In turn, Winant is unsure whether to condemn or celebrate the ability of the steelworkers to win benefits at the bargaining table. He recognizes the punishing inequality created by labor’s silos of solidarity and security, and the political damage they did to the campaign for national health insurance in the 1940s and after. But then, in his account of the market solutions imposed on health-care use in the 1980s, he lauds the “communitarian solidarity” of the private welfare state and avers that “decommodified health care…prevailed in postwar Pittsburgh.”
This formulation, to my mind, misses the meaning and the importance of decommodification—the goal of which, as the Danish sociologist Gøsta Esping-Andersen underscores, is to “uphold a socially acceptable standard of living independently of market participation (emphasis added).” The private welfare state did not, as Winant suggests, yield social citizenship. Instead, it embraced the commodification of health care along two dimensions: It made access to decent coverage a condition of labor market participation, and it made health care itself, whether purchased with private insurance or paid for out of pocket, a precious commodity. In the end, private welfare offered meaningful health security to a subset of workers and their families for a relatively short period—just 15 or 20 years from the landmark contracts of the late 1950s to the steep job losses and “risk shift” of the 1970s.

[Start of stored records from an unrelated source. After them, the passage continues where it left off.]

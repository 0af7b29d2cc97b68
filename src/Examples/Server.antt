-- ===== src/Examples/Server.antt =====
-- A server that keeps the lists of references of all nodes, and a child that is added and removed.
use libmio.Handlers.{open_name, unset}
use mathlib.Core.List.{not-mem-nil}
use libmio.Base.{◌≡◌, refl, ap, ◌∙◌, String, true, false, List, [], ◌∷◌, Option, none, some, ℕ}
use libmio.Xml.{trees, Tree, text}
use libmio.Meta.{Meta, meta_new}
use libmio.Response.{Code, Response, ResponseType, Body, packet, response_new, packet_new}
use libmio.Response.Payloads.{holding}
use libmio.Handlers.Visit.{visit}
use libmio.Reference.{Reference, child, parent, references_to_item}
use libmio.Reference.Callbacks.{visitor}
use libmio.Reference.Item.{tree-item}
use libmio.Reference.Children.{Remote, is_error, child_add, child_remove}
use libmio.Reference.Children.Kept.{IsKept, keep_at, answered, described, link, child_add-stores}
use libmio.Reference.Children.Removed.{Parts, child_remove-stores}

abbrev pub W : Type 0
W = String → List Reference

abbrev references_in : Body (List Reference) → List Reference
references_in (packet p) = p.payload
references_in _ = []

abbrev references_of : Option (Response (List Reference)) → List Reference
references_of none = []
references_of (some r) = references_in r.response

-- what a reader of the item finds
abbrev decoded : Tree → List Reference
decoded t = references_of (visit visitor none unset t (holding response_new (packet_new [])))

abbrev accept : W → Option Tree → String → Response Unit → Option (W × Code × Response Unit)
accept w none node r = none
accept w (some item) node r =
    some (keep_at node (decoded item) w, Code.ok, record r { response_type = ResponseType.ok })

abbrev pub no_meta : String → Meta ℕ
no_meta _ = meta_new

abbrev pub server : Remote W ℕ trees
server = record {
  references_query = λ w node. (w, answered (w node));
  meta_query = λ w node. (w, described (no_meta node));
  publish = accept;
}

abbrev pub stored : W → String → List Reference
stored w = w

decoded-references_to_item :
    (rs : List Reference) (item : Tree)
    → references_to_item trees rs ≡ some item
    → decoded item ≡ rs
decoded-references_to_item rs item e =
    let (t, a, l, shape) = tree-item trees rs item e in
    ap decoded shape
    ∙ rw (l.shape, l.runs (some "references") (open_name "references") response_new (packet_new []))

pub kept : IsKept trees server stored no_meta
kept = record {
  queried = λ _ _. refl;
  answers = λ _ _. refl;
  asked = λ _ _. refl;
  describes = λ _ _. refl;
  publishes = λ w rs item node r e. (
    keep_at node (decoded item) w,
    record r { response_type = ResponseType.ok },
    refl,
    refl,
    ap (λ l. keep_at node l w) (decoded-references_to_item rs item e),
  );
}

abbrev pub item_of : Option Tree → Tree
item_of none = text ""
item_of (some t) = t

abbrev pub empty : W
empty _ = []

abbrev pub lamp : Reference
lamp = link child "lamp" (no_meta "lamp")

abbrev pub room : Reference
room = link parent "room" (no_meta "room")

abbrev linked : W
linked = keep_at "room" (lamp ∷ []) (keep_at "lamp" (room ∷ []) empty)

child_add-stores_example :
    (w' : W) × (r' : Response Unit) × (child_add trees server true empty "room" "lamp" response_new
      ≡ some (Code.ok, w', r'))
    × (is_error r'.response_type ≡ false)
    × (w' ≡ linked)
unfolding references_to_item
child_add-stores_example =
    child_add-stores trees server stored no_meta kept empty "room" "lamp" response_new
      (item_of (references_to_item trees (lamp ∷ [])))
      (item_of (references_to_item trees (room ∷ []))) tt tt refl refl refl refl

at_lamp : Parts (linked "lamp") parent "room" [] room []
at_lamp = record { whole = refl; hit = refl; miss = λ b m. absurd (not-mem-nil m) }

at_room : Parts (linked "room") child "lamp" [] lamp []
at_room = record { whole = refl; hit = refl; miss = λ b m. absurd (not-mem-nil m) }

child_remove-stores_example :
    (w' : W) × (child_remove trees server linked "room" "lamp" response_new
      ≡ some (Code.ok, w', record response_new { response_type = ResponseType.ok }))
    × (w' ≡ keep_at "room" [] (keep_at "lamp" [] linked))
unfolding references_to_item
child_remove-stores_example =
    child_remove-stores trees server stored no_meta kept linked "room" "lamp" response_new [] room
      [] [] lamp [] (item_of (references_to_item trees [])) (item_of (references_to_item trees []))
      refl at_lamp at_room refl refl
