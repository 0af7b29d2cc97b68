-- ===== src/Examples/Overwriting.antt =====
-- A reference that is overwritten at the server of references.
use mathlib.Core.List.{not-mem-nil}
use libmio.Base.{◌≡◌, refl, [], ◌∷◌, none, some}
use libmio.Xml.{trees}
use libmio.Meta.{location}
use libmio.Response.{Code, Response, response_new}
use libmio.Reference.{Reference, parent, references_to_item}
use libmio.Reference.Children.Kept.{keep_at}
use libmio.Reference.Children.Removed.{Parts}
use libmio.Reference.Overwrite.{overwrite_publish, overwrite_publish-stores}
use libmio.Examples.Server.{W, server, stored, no_meta, kept, item_of, empty, lamp, room}

abbrev both : W
both = keep_at "hall" (room ∷ lamp ∷ []) empty

abbrev to_room : Reference
to_room = record { type = parent; node = some "room"; name = none; meta_type = location }

at_hall : Parts (both "hall") parent "room" [] room (lamp ∷ [])
at_hall = record { whole = refl; hit = refl; miss = λ b m. absurd (not-mem-nil m) }

overwrite_publish-stores_example :
    (w' : W) × (r' : Response Unit) × (overwrite_publish trees server both "hall" "room" parent
        location response_new
      ≡ some (Code.ok, w', r'))
    × (w' ≡ keep_at "hall" (lamp ∷ to_room ∷ []) both)
unfolding references_to_item
overwrite_publish-stores_example =
    overwrite_publish-stores trees server stored no_meta kept both "hall" "room" parent location
      response_new [] room (lamp ∷ []) (item_of (references_to_item trees (lamp ∷ to_room ∷ [])))
      at_hall refl refl
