-- ===== src/Meta/Merge.antt =====
-- What a list of properties says of a name, once an update has been merged into it.
use libmio.Base.{
  ◌≡◌, refl, ap, sym, subst, ◌∙◌, String, Bool, inl, inr, true, false, List, [], ◌∷◌, Option, none,
  some, str_eq, str_eq_iff, str_eq_refl, if◌then◌else◌, or_keep, is_named, Bool-cases, ◌>>=◌,
  add_last,
}
use libmio.Meta.{
  Property, property_meta_new, property_merge, update_properties, merge_properties, TransducerMeta,
  transducer_merge,
}

-- Every property has a name; the name of the update's tests is read without a check.
abbrev pub AreNamed : List Property → Type 0
AreNamed [] = Unit
AreNamed (p ∷ ps) = ((n : String) × (p.name ≡ some n)) × AreNamed ps

-- The value of the first property of a name: none if there is no such property.
abbrev pub lookup : String → List Property → Option (Option String)
lookup n [] = none
lookup n (p ∷ ps) = if is_named n p.name then some p.value else lookup n ps

-- What one property of an update says of a name of which something was said before.
abbrev says : Option String → Option (Option String) → Option (Option String)
says value none = some value
says value (some old) = some (or_keep value old)

-- The whole update, read in order.
abbrev pub updated : String → List Property → Option (Option String) → Option (Option String)
updated n [] old = old
updated n (p ∷ ps) old = updated n ps (if is_named n p.name then says p.value old else old)

abbrev has : String → List Property → Bool
has m [] = false
has m (q ∷ qs) = if is_named m q.name then true else has m qs

-- every property of the name, merged
abbrev merged_in : String → Property → List Property → List Property
merged_in m p [] = []
merged_in m p (q ∷ qs) = (if is_named m q.name then property_merge q p else q) ∷ merged_in m p qs

update_properties-merged_in :
    (p : Property) (m : String) (qs : List Property)
    → p.name ≡ some m
    → AreNamed qs
    → update_properties p qs ≡ some (merged_in m p qs, has m qs)
unfolding update_properties
update_properties-merged_in p m [] e h = refl
update_properties-merged_in p m (q ∷ qs) e ((n, named), h) = elim (Bool-cases (str_eq n m)) [
  | inl hit ↦ rw (named, e, update_properties-merged_in p m qs e h, hit)
  | inr miss ↦ rw (named, e, update_properties-merged_in p m qs e h, miss)
]

abbrev on_found : Option String → Option (Option String) → Option (Option String)
on_found value none = none
on_found value (some old) = some (or_keep value old)

lookup-merged_in-same :
    (p : Property) (m : String) (qs : List Property)
    → p.name ≡ some m
    → lookup m (merged_in m p qs) ≡ on_found p.value (lookup m qs)
lookup-merged_in-same p m [] e = refl
lookup-merged_in-same p m (q ∷ qs) e = elim (Bool-cases (is_named m q.name)) [
  | inl hit ↦ rw (hit, e, str_eq_refl m)
  | inr miss ↦ rw (miss, miss, lookup-merged_in-same p m qs e)
]

is_named-other :
    (m n : String) (o : Option String)
    → str_eq m n ≡ false
    → is_named m o ≡ true
    → is_named n o ≡ false
is_named-other m n none h e = cc
is_named-other m n (some k) h e = subst (λ j. str_eq j n ≡ false) (sym ((str_eq_iff k m).0 e)) h

lookup-merged_in-other :
    (p : Property) (m n : String) (qs : List Property)
    → p.name ≡ some m
    → str_eq m n ≡ false
    → lookup n (merged_in m p qs) ≡ lookup n qs
lookup-merged_in-other p m n [] e h = refl
lookup-merged_in-other p m n (q ∷ qs) e h = elim (Bool-cases (is_named m q.name)) [
  | inl hit ↦ rw (hit, e, h, is_named-other m n q.name h hit, lookup-merged_in-other p m n qs e h)
  | inr miss ↦ rw (miss, lookup-merged_in-other p m n qs e h)
]

-- Whether the name is there, and what is said of it.
data Found (m : String) (qs : List Property) : Type 0 where
  absent : has m qs ≡ false → lookup m qs ≡ none → Found m qs
  there : (old : Option String) → has m qs ≡ true → lookup m qs ≡ some old → Found m qs

found : (m : String) (qs : List Property) → Found m qs
found m [] = absent refl refl
found m (q ∷ qs) = elim (Bool-cases (is_named m q.name)) [
  | inl hit ↦ there q.value (rw hit) (rw hit)
  | inr miss ↦ elim (found m qs) [
    | absent a b ↦ absent (rw (miss, a)) (rw (miss, b))
    | there old a b ↦ there old (rw (miss, a)) (rw (miss, b))
  ]
]

lookup-add_last :
    (n : String) (qs : List Property) (p : Property)
    → lookup n (add_last qs p) ≡ elim (lookup n qs) [
      | some old ↦ some old
      | none ↦ if is_named n p.name then some p.value else none
    ]
lookup-add_last n [] p = refl
lookup-add_last n (q ∷ qs) p = elim (Bool-cases (is_named n q.name)) [
  | inl hit ↦ rw hit
  | inr miss ↦ rw (miss, lookup-add_last n qs p)
]

-- One round of the outer loop.
abbrev merge_one : String → Property → List Property → List Property
merge_one m p qs =
    if has m qs then merged_in m p qs else add_last qs (property_merge property_meta_new p)

or_keep-none : (o : Option String) → or_keep o none ≡ o
or_keep-none none = refl
or_keep-none (some v) = refl

lookup-merge_one-same :
    (m : String) (p : Property) (qs : List Property)
    → p.name ≡ some m
    → lookup m (merge_one m p qs) ≡ says p.value (lookup m qs)
lookup-merge_one-same m p qs e = elim (found m qs) [
  | absent a b ↦ rw (
    a,
    lookup-add_last m qs (property_merge property_meta_new p),
    b,
    e,
    str_eq_refl m,
    or_keep-none p.value,
  )
  | there old a b ↦ rw (a, lookup-merged_in-same p m qs e, b)
]

lookup-merge_one-other :
    (m n : String) (p : Property) (qs : List Property)
    → p.name ≡ some m
    → str_eq m n ≡ false
    → lookup n (merge_one m p qs) ≡ lookup n qs
lookup-merge_one-other m n p qs e h = elim (found m qs) [
  | absent a b ↦ elim (found n qs) [
    | absent c d ↦ rw (a, lookup-add_last n qs (property_merge property_meta_new p), d, e, h)
    | there old c d ↦ rw (a, lookup-add_last n qs (property_merge property_meta_new p), d)
  ]
  | there old a b ↦ rw (a, lookup-merged_in-other p m n qs e h)
]

lookup-merge_one :
    (m n : String) (p : Property) (qs : List Property)
    → p.name ≡ some m
    → lookup n (merge_one m p qs)
      ≡ (if is_named n p.name then says p.value (lookup n qs) else lookup n qs)
lookup-merge_one m n p qs e = elim (Bool-cases (str_eq m n)) [
  | inl hit ↦
      subst
        (λ j.
          lookup j (merge_one m p qs)
          ≡ (if is_named j p.name then says p.value (lookup j qs) else lookup j qs))
        ((str_eq_iff m n).0 hit)
        (let named : is_named m p.name ≡ true = rw e (str_eq_refl m) in
          rw (named, lookup-merge_one-same m p qs e))
  | inr miss ↦
      let named : is_named n p.name ≡ false = rw e miss in
      rw (named, lookup-merge_one-other m n p qs e miss)
]

merged_in-AreNamed :
    (m : String) (p : Property) (qs : List Property)
    → p.name ≡ some m
    → AreNamed qs
    → AreNamed (merged_in m p qs)
merged_in-AreNamed m p [] e h = tt
merged_in-AreNamed m p (q ∷ qs) e (one, h) = elim (Bool-cases (is_named m q.name)) [
  | inl hit ↦ rw hit ((m, rw e), merged_in-AreNamed m p qs e h)
  | inr miss ↦ rw miss (one, merged_in-AreNamed m p qs e h)
]

add_last-AreNamed :
    (qs : List Property) (p : Property) (m : String)
    → p.name ≡ some m
    → AreNamed qs
    → AreNamed (add_last qs p)
add_last-AreNamed [] p m e h = ((m, e), tt)
add_last-AreNamed (q ∷ qs) p m e (one, h) = (one, add_last-AreNamed qs p m e h)

merge_one-AreNamed :
    (m : String) (p : Property) (qs : List Property)
    → p.name ≡ some m
    → AreNamed qs
    → AreNamed (merge_one m p qs)
merge_one-AreNamed m p qs e h = elim (Bool-cases (has m qs)) [
  | inl hit ↦ rw hit (merged_in-AreNamed m p qs e h)
  | inr miss ↦ rw miss (add_last-AreNamed qs (property_merge property_meta_new p) m (rw e) h)
]

pub merge_properties-updated :
    (ps qs : List Property)
    → AreNamed qs
    → AreNamed ps
    → (l : List Property) × (merge_properties qs ps ≡ some l)
      × AreNamed l
      × ((n : String) → lookup n l ≡ updated n ps (lookup n qs))
unfolding merge_properties
merge_properties-updated [] qs h k = (qs, refl, h, λ n. refl)
merge_properties-updated (p ∷ ps) qs h ((m, e), k) =
    let (l, merged, named, says_so) =
      merge_properties-updated ps (merge_one m p qs) (merge_one-AreNamed m p qs e h) k in
    (
      l,
      rw (update_properties-merged_in p m qs e h) merged,
      named,
      λ n. says_so n ∙ ap (updated n ps) (lookup-merge_one m n p qs e),
    )

>>=-some : {A B : Type 0} (m : Option A) (f : A → Option B) {a : A} → m ≡ some a → (m >>= f) ≡ f a
>>=-some m f e = ap (λ n. n >>= f) e

-- Where all properties of two transducers have names, merging one into the other meets no fault,
-- and what the result says of any name is what the old properties say of it, followed by all that
-- the update says of it in order.
pub transducer_merge-updated :
    {D : Type 0} (to_update t : TransducerMeta D)
    → AreNamed to_update.properties
    → AreNamed t.properties
    → (r : TransducerMeta D) × (transducer_merge to_update t ≡ some r)
      × AreNamed r.properties
      × ((n : String)
          → lookup n r.properties ≡ updated n t.properties (lookup n to_update.properties))
unfolding transducer_merge
transducer_merge-updated to_update t h k =
    let (l, merged, named, says_so) =
      merge_properties-updated t.properties to_update.properties h k in
    (_, >>=-some _ _ merged, named, says_so)
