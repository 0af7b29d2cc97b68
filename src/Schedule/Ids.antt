-- ===== src/Schedule/Ids.antt =====
-- The id of an event, printed and read back.
use libmio.Base.{ℕ, ◌%◌, ◌^◌, ◌<◌, ◌≡◌, ap, ◌∙◌, String, true, arith, ltb}
use libmio.Decimal.{
  ℤ, pos, negsuc, read, write, truncate, truncate-write, starts_with_digit, starts_with_digit-write,
  starts_with_digit-sign, read-write,
}
use libmio.Schedule.{scan_id, as_int}

pub scan_id-digits :
    (s : String) (old : ℤ)
    → starts_with_digit s ≡ true
    → ltb (read s) 18446744073709551616 ≡ true
    → scan_id s old ≡ as_int (read s)
unfolding starts_with_digit
scan_id-digits String.[] old h small = cc
scan_id-digits (String.◌∷◌ c s) old h small =
    let (minus, plus) = starts_with_digit-sign c s h in rw (minus, plus, h, small)

as_int-small : (n : ℕ) → n < 10000000 → as_int n ≡ pos n
as_int-small n h =
    let whole : n % 4294967296 ≡ n = omega arith in
    let below : ltb n 2147483648 ≡ true = ground arith in rw (whole, below)

-- An id of at most seven digits comes back.
pub scan_id-write : (n : ℕ) → n < 10 ^ 7 → scan_id (truncate 7 (write n)) (negsuc 0) ≡ pos n
scan_id-write n h =
    ap (λ s. scan_id s (negsuc 0)) (truncate-write 6 n h)
    ∙ scan_id-digits (write n) (negsuc 0) (starts_with_digit-write n)
        (rw (read-write n) (ground arith))
    ∙ ap as_int (read-write n)
    ∙ as_int-small n h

The rise of health care, as Winant concedes early in his book, is “intrinsic in the transition from an industrial to a service economy” and happened (with some variation) “everywhere across the global north.” In this respect, The Next Shift accounts less for the rise of health care in postindustrial economies than for the dysfunctional peculiarities of the American version of that story—on stark display in Rust Belt settings like Pittsburgh. I wish Winant had more to offer on both scales, the local and the global. The Next Shift has a strong sense of place (especially in its treatment of local hospitals and local patterns of segregation), but it is largely silent on the importance of health care (“eds and meds”) as an urban growth strategy, and on the role of local governments in encouraging, managing, and subsidizing the health-care industry’s growth.
More attention to the global, in turn, would harness Winant’s insights—usefully in my view—to our understanding of how the shambolic marriage of private and public coverage costs so much and delivers so little. Our health-care system swallows 17 percent of gross domestic product (nearly twice the average among the member states of the Organization for Economic Cooperation and Development), leaves millions uninsured and millions more underinsured, and—because both access to care and the social determinants of health are so starkly unequal—delivers health outcomes that leave us trailing the pack of our peers. In this carnival of profit and waste (the latter accounting for one-quarter of all health spending), the dismal wages and working conditions detailed by Winant are especially damning.